Data Obfuscation: Protocol Impersonation

ID Name
T1001.001 Junk Data
T1001.002 Steganography
T1001.003 Protocol Impersonation

Adversaries may impersonate legitimate protocols or web service traffic to disguise command and control activity and thwart analysis efforts. By impersonating legitimate protocols or web services, adversaries can make their command and control traffic blend in with legitimate network traffic.

Adversaries may impersonate a fake SSL/TLS handshake to make it look like subsequent traffic is SSL/TLS encrypted, potentially interfering with some security tooling, or to make the traffic look like it is related with a trusted entity.

ID: T1001.003
Sub-technique of:  T1001
Tactic: Command And Control
Platforms: Linux, Windows, macOS
Data Sources: Network protocol analysis, Packet capture, Process monitoring, Process use of network
Version: 1.0
Created: 15 March 2020
Last Modified: 15 March 2020

Procedure Examples

Name Description

BADCALL uses a FakeTLS method during C2.[1]

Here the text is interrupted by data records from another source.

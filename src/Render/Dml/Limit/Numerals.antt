-- ===== src/Render/Dml/Limit/Numerals.antt =====
-- Decimal numbers pass the trimming and the list splitter unchanged.
use unique_dialect.Base.{
  ℕ, ◌+◌, ◌≤◌, ◌<◌, false, [], ◌∷◌, ◌++◌, ◌≡◌, refl, sym, ap, ◌∙◌, arith, length, length-append,
  All, append-nil, append_assoc, ◌==◌,
}
use unique_dialect.Syntax.Scan.{initial, step, split_csv_from}
use unique_dialect.Text.Decimal.Digits.{format_nat-IsDigit, format_nat-length}
use unique_dialect.Text.Decimal.{ℤ, pos, negsuc, itoa, format_nat}
use unique_dialect.Text.Trim.{HeadKept, trim_left_keep, trim_right_keep}
use unique_dialect.Text.{Text, is_space, keep_right, trim_right, trim_by, trim_space}

-- The bytes from `-` to `9`, which neither the trimming nor the scanner takes notice of.
abbrev pub IsNumeral : ℕ → Type 0
IsNumeral c = (45 ≤ c) × (c ≤ 57)

digits-IsNumeral : (s : Text) → All (λ c. (b'0' ≤ c) × (c ≤ b'9')) s → All IsNumeral s
digits-IsNumeral [] h = tt
digits-IsNumeral (c ∷ s) ((l, u), h) = ((omega arith, omega arith), digits-IsNumeral s h)

pub itoa-IsNumeral : (z : ℤ) → All IsNumeral (itoa z)
unfolding itoa
itoa-IsNumeral (pos n) = digits-IsNumeral (format_nat n) (format_nat-IsDigit n)
itoa-IsNumeral (negsuc n) =
    ((omega arith, omega arith), digits-IsNumeral (format_nat (n + 1)) (format_nat-IsDigit (n + 1)))

pub itoa-length : (z : ℤ) → 0 < length (itoa z)
unfolding itoa
itoa-length (pos n) = format_nat-length n
itoa-length (negsuc n) = omega arith

pub numeral-kept : (c : ℕ) → IsNumeral c → is_space c ≡ false
unfolding is_space
numeral-kept c (l, u) = ground arith

trim_right-numeral : (s : Text) → All IsNumeral s → trim_right is_space s ≡ s
trim_right-numeral [] h = unfold trim_right in refl
trim_right-numeral (c ∷ s) (k, h) =
    trim_right_keep is_space c s (numeral-kept c k) ∙ ap (◌∷◌ c) (trim_right-numeral s h)

numeral-HeadKept : (s : Text) → All IsNumeral s → HeadKept is_space s
numeral-HeadKept [] h = tt
numeral-HeadKept (c ∷ s) (k, h) = numeral-kept c k

pub trim_space-numeral : (s : Text) → All IsNumeral s → trim_space s ≡ s
trim_space-numeral s h =
    unfold trim_space in
    unfold trim_by in
    ap (trim_right is_space) (trim_left_keep is_space s (numeral-HeadKept s h))
    ∙ trim_right-numeral s h

-- What stands before a text that is kept from the right is kept.
trim_right-append :
    (s t : Text) → 0 < length t → trim_right is_space t ≡ t → trim_right is_space (s ++ t) ≡ s ++ t
unfolding trim_right
trim_right-append [] t h e = e
trim_right-append (c ∷ s) t h e = rw (trim_right-append s t h e) (kept (s ++ t) (longer s))
  where
    kept : (r : Text) → 0 < length r → keep_right is_space c r ≡ c ∷ r
    kept [] h = absurd (omega arith)
    kept (d ∷ r) h = refl

    longer : (s : Text) → 0 < length (s ++ t)
    longer [] = h
    longer (d ∷ s) = omega arith

-- A text between two numerals is trimmed to itself.
pub trim_space-between :
    (a mid b : Text)
    → All IsNumeral a
    → 0 < length a
    → All IsNumeral b
    → 0 < length b
    → trim_space (a ++ (mid ++ b)) ≡ a ++ (mid ++ b)
unfolding trim_space trim_by
trim_space-between [] mid b ha la hb lb = absurd (omega arith)
trim_space-between (c ∷ a) mid b (k, ha) la hb lb =
    ap (trim_right is_space) (trim_left_keep is_space (c ∷ a ++ (mid ++ b)) (numeral-kept c k))
    ∙ trim_right-append (c ∷ a) (mid ++ b) (omega (arith, length-append mid b))
        (trim_right-append mid b lb (trim_right-numeral b hb))

numeral-step : (c : ℕ) → IsNumeral c → (step c initial ≡ initial) × ((c == b',') ≡ false)
unfolding step
numeral-step c (l, u) = (ground arith, ground arith)

-- The list splitter behind a part, and at the end.
pub split_csv-numeral :
    (cur s rest : Text)
    → All IsNumeral s
    → split_csv_from initial cur (s ++ b',' ∷ rest)
      ≡ trim_space (cur ++ s) ∷ split_csv_from initial [] rest
unfolding split_csv_from
split_csv-numeral cur [] rest h =
    ap (λ x. trim_space x ∷ split_csv_from initial [] rest) (sym (append-nil cur))
split_csv-numeral cur (c ∷ s) rest (k, h) =
    let (same, other_byte) = numeral-step c k in
    rw (other_byte, same)
      (split_csv-numeral (cur ++ c ∷ []) s rest h
        ∙ ap (λ x. trim_space x ∷ split_csv_from initial [] rest) (append_assoc cur (c ∷ []) s))

pub split_csv-last :
    (cur s : Text) → All IsNumeral s → split_csv_from initial cur s ≡ trim_space (cur ++ s) ∷ []
unfolding split_csv_from
split_csv-last cur [] h = ap (λ x. trim_space x ∷ []) (sym (append-nil cur))
split_csv-last cur (c ∷ s) (k, h) =
    let (same, other_byte) = numeral-step c k in
    rw (other_byte, same)
      (split_csv-last (cur ++ c ∷ []) s h
        ∙ ap (λ x. trim_space x ∷ []) (append_assoc cur (c ∷ []) s))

Bankshot generates a false TLS handshake using a public certificate to disguise C2 network communications.[2]


FakeM C2 traffic attempts to evade detection by resembling data generated by legitimate messenger applications, such as MSN and Yahoo! messengers. Additionally, some variants of FakeM use modified SSL code for communications back to C2 servers, making SSL decryption ineffective.[3]


FALLCHILL uses fake Transport Layer Security (TLS) to communicate with its C2 server.[4]


HARDRAIN uses FakeTLS to communicate with its C2 server.[5]


InvisiMole can mimic HTTP protocol with custom HTTP "verbs" HIDE, ZVVP, and NOP.[6][7]


KeyBoy uses custom SSL libraries to impersonate SSL in C2 traffic.[8]

Lazarus Group

Lazarus Group malware also uses a unique form of communication encryption known as FakeTLS that mimics TLS but uses a different encryption method, evading SSL man-in-the-middle decryption attacks.[9][10][11][12]


Okrum mimics HTTP protocol for C2 communication, while hiding the actual messages in the Cookie and Set-Cookie headers of the HTTP requests.[13]


Sunburst masqueraded its network traffic as the Orion Improvement Program (OIP) protocol.[14]


Mitigation Description
Network Intrusion Prevention

Network intrusion detection and prevention systems that use network signatures to identify traffic for specific adversary malware can be used to mitigate some obfuscation activity at the network level.


Analyze network data for uncommon data flows (e.g., a client sending significantly more data than it receives from a server). Processes utilizing the network that do not normally have network communication or have never been seen before are suspicious. Analyze packet contents to detect communications that do not follow the expected protocol behavior for the port that is being used.[15]